=== What to do ===
For the records below, reproduce exactly the line that contains "abbrev pub peek_phrase" and all subsequent lines, with nothing left out and nothing added.
** Opening Records for the exercise block **
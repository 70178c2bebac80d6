-- ===== src/SqlText/Splitter/Phrases.antt =====
-- crates/sql-text/src/splitter.rs: labels, the leading words of a statement, and phrases.
use mathlib.Core.List.{reverse}
use reldex.Base.{
  ℕ, zero, suc, ◌+◌, Bool, true, false, ◌&&◌, Option, none, some, List, [], ◌∷◌, length, get_elem?,
  take, drop, if◌then◌else◌,
}
use reldex.Text.{Text, eq_ignore_ascii_case, text_eq}
use reldex.SqlText.Dialect.{SqlDialect, Phrase, KeywordSlot, required, optional, BlockStarter}
use reldex.SqlText.Token.{Token}
use reldex.SqlText.Splitter.Span.{
  is_word, is_trivial, is_trivial_or_directive, is_operator, token_text, skip_trivial,
}

-- A word and the index behind it.
pub record Word : Type 0 where
  pub text : Text
  pub after : ℕ

abbrev pub max_leading_words : ℕ
max_leading_words = 12

abbrev pub is_delimiter : Text → Text → Token → Bool
is_delimiter text delimiter t = is_operator t.kind && text_eq (token_text text t) delimiter

-- `tokens.get(j).is_some_and(|t| is_word(t.kind))`.
abbrev pub is_word_at : List Token → ℕ → Bool
is_word_at tokens j = elim (get_elem? tokens j) [ none ↦ false | some t ↦ is_word t.kind ]

abbrev pub is_delimiter_at : List Token → Text → Text → ℕ → Bool
is_delimiter_at tokens text delimiter j = elim (get_elem? tokens j) [
  | none ↦ false
  | some t ↦ is_delimiter text delimiter t
]

-- One label at `i`, and the index behind it.
unfoldable pub skip_label : List Token → Text → Text → Text → ℕ → Option ℕ
skip_label tokens text opening closing i =
    let probe = skip_trivial tokens i in
    let j = skip_trivial tokens (probe + 1) in
    let k = if is_word_at tokens j then skip_trivial tokens (j + 1) else j in
    if is_delimiter_at tokens text opening probe && is_delimiter_at tokens text closing k
    then some (k + 1)
    else none

-- The loop, on fuel.
unfoldable pub skip_labels_loop : ℕ → List Token → Text → Text → Text → ℕ → Option ℕ
skip_labels_loop zero tokens text opening closing i = none
skip_labels_loop (suc fuel) tokens text opening closing i =
    elim (skip_label tokens text opening closing i) [
      | none ↦ some i
      | some j ↦ skip_labels_loop fuel tokens text opening closing j
    ]

unfoldable pub skip_labels : SqlDialect → List Token → Text → ℕ → Option ℕ
unfolding skip_labels_loop
skip_labels d tokens text start = elim d.label_delimiters [
  | none ↦ some start
  | some delimiters ↦
      skip_labels_loop (suc (length tokens)) tokens text delimiters.0 delimiters.1 start
]

abbrev pub collect_words_from : Text → ℕ → ℕ → List Token → List Word
collect_words_from text zero i rest = []
collect_words_from text (suc left) i [] = []
collect_words_from text (suc left) i (t ∷ rest) = elim (is_word t.kind) [
  | true ↦
      record { text = token_text text t; after = i + 1 } ∷ collect_words_from text left (i + 1) rest
  | false ↦ elim (is_trivial_or_directive t.kind) [
    | true ↦ collect_words_from text (suc left) (i + 1) rest
    | false ↦ []
  ]
]

unfoldable pub collect_leading_words : List Token → Text → ℕ → List Word
collect_leading_words tokens text i = collect_words_from text max_leading_words i (drop i tokens)

-- A phrase is no longer than the words, and agrees with them.
abbrev pub phrase_matches : Phrase → List Word → Bool
phrase_matches [] words = true
phrase_matches (p ∷ ps) [] = false
phrase_matches (p ∷ ps) (w ∷ words) = eq_ignore_ascii_case p w.text && phrase_matches ps words

unfoldable pub match_phrase : List Phrase → List Word → Option ℕ
match_phrase [] words = none
match_phrase (phrase ∷ options) words = elim (phrase_matches phrase words) [
  | true ↦ some (length phrase)
  | false ↦ match_phrase options words
]

-- The slots from the word at `idx` on; the index behind the last word that they take.
unfoldable pub match_slots : List KeywordSlot → List Word → ℕ → Option ℕ
unfolding match_phrase
match_slots [] words idx = some idx
match_slots (required options ∷ slots) words idx = elim (match_phrase options (drop idx words)) [
  | none ↦ none
  | some n ↦ match_slots slots words (idx + n)
]
match_slots (optional options ∷ slots) words idx = elim (match_phrase options (drop idx words)) [
  | none ↦ match_slots slots words idx
  | some n ↦ match_slots slots words (idx + n)
]

-- `words[idx - 1].1`, or the start where no word was taken.
abbrev pub resume_after : List Word → ℕ → ℕ → ℕ
resume_after words start_index zero = start_index
resume_after words start_index (suc idx) = elim (get_elem? words idx) [
  | none ↦ start_index
  | some w ↦ w.after
]

unfoldable pub matches_block_starter : BlockStarter → List Word → ℕ → Option ℕ
unfolding match_slots
matches_block_starter starter words start_index = elim (match_slots starter.slots words 0) [
  | none ↦ none
  | some idx ↦ some (resume_after words start_index idx)
]

abbrev pub is_word_like : Text → Text → Token → Bool
is_word_like text expected t = is_word t.kind && eq_ignore_ascii_case expected (token_text text t)

-- The later words of a phrase, with trivia before each.
abbrev pub peek_words : Text → List Token → Phrase → Bool
peek_words text rest [] = true
peek_words text [] (p ∷ ps) = false
peek_words text (t ∷ rest) (p ∷ ps) = elim (is_trivial t.kind) [
  | true ↦ peek_words text rest (p ∷ ps)
  | false ↦ is_word_like text p t && peek_words text rest ps
]

abbrev pub peek_phrase : Text → List Token → Phrase → Bool
peek_phrase text rest [] = true
peek_phrase text [] (p ∷ ps) = false
peek_phrase text (t ∷ rest) (p ∷ ps) = is_word_like text p t && peek_words text rest ps

unfoldable pub peek_phrase_matches : List Token → Text → ℕ → Phrase → Bool
peek_phrase_matches tokens text start phrase = peek_phrase text (drop start tokens) phrase

-- Backwards from the token at index `end`: the phrase's words from the last to the first. Before
-- every one of them, the last included, trivia is passed over.
unfoldable pub ends_with_phrase : List Token → Text → ℕ → Phrase → Bool
ends_with_phrase tokens text end phrase =
    peek_words text (reverse (take (suc end) tokens)) (reverse phrase)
** Closing Records for the exercise block **
=== Exercise result ===
abbrev pub peek_phrase : Text → List Token → Phrase → Bool
peek_phrase text rest [] = true
peek_phrase text [] (p ∷ ps) = false
peek_phrase text (t ∷ rest) (p ∷ ps) = is_word_like text p t && peek_words text rest ps

unfoldable pub peek_phrase_matches : List Token → Text → ℕ → Phrase → Bool
peek_phrase_matches tokens text start phrase = peek_phrase text (drop start tokens) phrase

-- Backwards from the token at index `end`: the phrase's words from the last to the first. Before
-- every one of them, the last included, trivia is passed over.
unfoldable pub ends_with_phrase : List Token → Text → ℕ → Phrase → Bool
ends_with_phrase tokens text end phrase =
    peek_words text (reverse (take (suc end) tokens)) (reverse phrase)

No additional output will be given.